> [What you will do]:
Please say how many lines in the records below contain the word "none". Give the number and nothing more.

Stored dataset items:
↓
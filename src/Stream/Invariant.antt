-- ===== src/Stream/Invariant.antt =====
-- What holds of a stream in every session.
use mathlib.Core.List.{append_assoc, append-nil}
use simple_kit.Base.{
  ℕ, ◌≡◌, refl, sym, ap, ◌∙◌, Bool, true, false, Option, none, some, List, [], ◌++◌, arith, take,
  take-append-drop, Bool-cases, inl, inr,
}
use simple_kit.Base.Memory.{Memory}
use simple_kit.Buffer.{erase, live_length}
use simple_kit.Buffer.Laws.{IsValid, contents, length-contents, contents-erase}
use simple_kit.Buffer.Refine.{contents-new}
use simple_kit.Stream.{
  Stream, StreamType, listening, connecting, normal, registration, Written, ConnectResult, done,
  in_progress, refused, connect, listen, accept_ready, new_stream, send, write_ready, read_ready,
  connect_ready, attach, detach, pending,
}
use simple_kit.Stream.Output.{
  pending-eq, accepted_bytes, Conserves, send-Conserves, write_ready-Conserves,
}
use simple_kit.Stream.Watch.{Watches, registration-Watches}
use mathlib.Core.Option.{some-injective}
use simple_kit.Stream.Effects.{
  Keeps, send-Keeps, write_ready-Keeps, connect_ready-Watches, attach-Watches, read_ready-contents,
  read_ready-kept,
}
use simple_kit.Stream.Session.{
  Session, start, received_bytes, output, Step, sends, writes, reads, connects, erases, detaches,
  attaches, Reachable, connected, listens, accepts, later, Sound,
}

output-Sound :
    (x : Session) (bytes : List ℕ) (w : Written)
    → Sound x
    → Conserves x.stream (accepted_bytes w bytes) w
    → Keeps x.stream w
    → Sound (output x bytes w)
output-Sound x bytes w sound c k = record {
  out_valid = c.valid;
  in_valid = rw k.same_input sound.in_valid;
  output_log =
      ap (λ l. l ++ accepted_bytes w bytes) sound.output_log
      ∙ append_assoc x.sent (contents x.stream.outbuf) (accepted_bytes w bytes)
      ∙ ap (λ l. x.sent ++ l) c.bytes
      ∙ sym (append_assoc x.sent w.sent (contents w.stream.outbuf));
  no_fault = rw (sound.no_fault, c.safe) refl;
  input_log = rw k.same_input sound.input_log;
  watches = k.watches;
}

pub start-Sound :
    (in_block out_block : Memory) (sock : ℕ) (type : StreamType)
    → Sound (start (new_stream in_block out_block sock type (some (registration type false))))
start-Sound in_block out_block sock type =
    let (in_valid, in_empty) = contents-new in_block in
    let (out_valid, out_empty) = contents-new out_block in
    record {
      out_valid = out_valid;
      in_valid = in_valid;
      no_fault = refl;
      output_log = sym out_empty;
      input_log = sym in_empty;
      watches =
          rw
            (
              pending-eq (new_stream in_block out_block sock type (some (registration type false)))
                  out_valid,
              out_empty,
            )
            (registration-Watches type 0);
    }

accepted_bytes-nil : (w : Written) → accepted_bytes w [] ≡ []
accepted_bytes-nil w = elim (Bool-cases w.ok) [ inl ok ↦ rw ok refl | inr failed ↦ rw failed refl ]

input-Sound :
    (x : Session) (t : Stream) (bytes gone : List ℕ)
    → Sound x
    → t.outbuf ≡ x.stream.outbuf
    → t.type ≡ x.stream.type
    → t.sfd ≡ x.stream.sfd
    → IsValid t.inbuf
    → contents x.stream.inbuf ++ bytes ≡ gone ++ contents t.inbuf
    → Sound (record x { stream = t; received = x.received ++ bytes; consumed = x.consumed ++ gone })
unfolding pending
input-Sound x t bytes gone sound same_out same_type same_sfd v e = record {
  out_valid = rw same_out sound.out_valid;
  in_valid = v;
  no_fault = sound.no_fault;
  output_log = rw same_out sound.output_log;
  input_log =
      ap (λ l. l ++ bytes) sound.input_log
      ∙ append_assoc x.consumed (contents x.stream.inbuf) bytes
      ∙ ap (λ l. x.consumed ++ l) e
      ∙ sym (append_assoc x.consumed gone (contents t.inbuf));
  watches = rw (same_out, same_type, same_sfd) sound.watches;
}

events-Sound :
    (x : Session) (t : Stream)
    → Sound x
    → (t.inbuf ≡ x.stream.inbuf) × (t.outbuf ≡ x.stream.outbuf) × Watches t.type (pending t) t.sfd
    → Sound (record x { stream = t })
events-Sound x t sound (same_in, same_out, w) = record {
  out_valid = rw same_out sound.out_valid;
  in_valid = rw same_in sound.in_valid;
  no_fault = sound.no_fault;
  output_log = rw same_out sound.output_log;
  input_log = rw same_in sound.input_log;
  watches = w;
}

Step-Sound : (x y : Session) → Sound x → Step x y → Sound y
Step-Sound x _ sound (sends fresh answer bytes small takes watch) =
    output-Sound x bytes (send fresh answer x.stream bytes) sound
      (send-Conserves fresh answer x.stream bytes sound.out_valid small takes watch)
      (send-Keeps fresh answer x.stream bytes sound.watches)
Step-Sound x _ sound (writes fresh answer r e c on takes) =
    let w = write_ready fresh answer x.stream in
    output-Sound x [] w sound
      (rw (accepted_bytes-nil w)
        (write_ready-Conserves fresh answer x.stream sound.out_valid takes (rw e refl)))
      (write_ready-Keeps fresh answer x.stream r sound.out_valid sound.watches e c takes)
Step-Sound x _ sound (reads fresh answer r e c on small most) =
    let (valid, held) = read_ready-contents fresh answer x.stream sound.in_valid small most in
    rw (append-nil x.consumed) at (
      input-Sound x (read_ready fresh answer x.stream).1 (received_bytes answer) [] sound
        (read_ready-kept fresh answer x.stream).0 (read_ready-kept fresh answer x.stream).1
        (read_ready-kept fresh answer x.stream).2 valid (sym held))
Step-Sound x _ sound (connects good r e c on) =
    events-Sound x (connect_ready good x.stream).1 sound
      (connect_ready-Watches good x.stream r e c sound.watches)
Step-Sound x _ sound (erases fresh n most) =
    let (valid, held) = contents-erase fresh x.stream.inbuf n sound.in_valid (
      unfold live_length in
      let p = sound.in_valid in
      let a = p.ordered in
      let b = p.inside in let c = p.small in omega (arith, length-contents x.stream.inbuf)) in
    rw (append-nil x.received) at (
      input-Sound x (record (x.stream) { inbuf = erase fresh x.stream.inbuf n }) []
        (take n (contents x.stream.inbuf)) sound refl refl refl valid
        (append-nil (contents x.stream.inbuf)
          ∙ rw held (sym (take-append-drop n (contents x.stream.inbuf)))))
Step-Sound x _ sound (detaches r e) =
    events-Sound x (detach x.stream) sound (unfold detach in (refl, refl, tt))
Step-Sound x _ sound (attaches can_add e) =
    events-Sound x (attach can_add x.stream).1 sound (attach-Watches can_add x.stream)

started-Sound :
    (in_block out_block : Memory) (sock : ℕ) (type : StreamType) (s : Stream)
    → some (new_stream in_block out_block sock type (some (registration type false))) ≡ some s
    → Sound (start s)
started-Sound in_block out_block sock type s e =
    rw (sym (some-injective _ _ e)) (start-Sound in_block out_block sock type)

connect-Sound :
    (in_block out_block : Memory) (sock : Option ℕ) (answer : ConnectResult) (can_add : Bool)
    (s : Stream)
    → connect in_block out_block sock answer can_add ≡ some s
    → Sound (start s)
unfolding connect
connect-Sound in_block out_block none answer can_add s e = ground (arith, e)
connect-Sound in_block out_block (some sock) refused can_add s e = ground (arith, e)
connect-Sound in_block out_block (some sock) done true s e =
    started-Sound in_block out_block sock connecting s e
connect-Sound in_block out_block (some sock) done false s e = ground (arith, e)
connect-Sound in_block out_block (some sock) in_progress true s e =
    started-Sound in_block out_block sock connecting s e
connect-Sound in_block out_block (some sock) in_progress false s e = ground (arith, e)

listen-Sound :
    (in_block out_block : Memory) (sock : Option ℕ) (can_bind can_add : Bool) (s : Stream)
    → listen in_block out_block sock can_bind can_add ≡ some s
    → Sound (start s)
unfolding listen
listen-Sound in_block out_block none can_bind can_add s e = ground (arith, e)
listen-Sound in_block out_block (some sock) true true s e =
    started-Sound in_block out_block sock listening s e
listen-Sound in_block out_block (some sock) true false s e = ground (arith, e)
listen-Sound in_block out_block (some sock) false can_add s e = ground (arith, e)

accept_ready-Sound :
    (in_block out_block : Memory) (sock : Option ℕ) (can_add : Bool) (s : Stream)
    → (accept_ready in_block out_block sock can_add).0 ≡ some s
    → Sound (start s)
unfolding accept_ready
accept_ready-Sound in_block out_block none can_add s e = ground (arith, e)
accept_ready-Sound in_block out_block (some sock) true s e =
    started-Sound in_block out_block sock normal s e
accept_ready-Sound in_block out_block (some sock) false s e = ground (arith, e)

-- From a stream that sio_stream_connect, sio_stream_listen or an accept returns, any sequence of
-- writes of the user, read, write and connect events where the registration watches for them,
-- erases of the input, detaches and attaches (where a write on a detached stream finds bytes
-- waiting or is taken whole, with system calls that take and give no more bytes than they are
-- asked to and totals below 2^64) keeps: sio_watch_write and sio_unwatch_write have not been given
-- NULL; both buffers are valid; the bytes of the successful calls of sio_stream_write are, in
-- order, those that the socket took and those that wait in the output; the bytes that read gave
-- are, in order, those that the user erased and those in the input; a registered stream has the
-- callback of its type and watches what it waits for, for room to write if it is connected and
-- bytes wait.
pub Reachable-Sound : (x : Session) → Reachable x → Sound x
Reachable-Sound _ (connected in_block out_block sock answer can_add s e) =
    connect-Sound in_block out_block sock answer can_add s e
Reachable-Sound _ (listens in_block out_block sock can_bind can_add s e) =
    listen-Sound in_block out_block sock can_bind can_add s e
Reachable-Sound _ (accepts in_block out_block sock can_add s e) =
    accept_ready-Sound in_block out_block sock can_add s e
Reachable-Sound y (later x _ before last) = Step-Sound x y (Reachable-Sound x before) last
↑
> [Answer section]:
4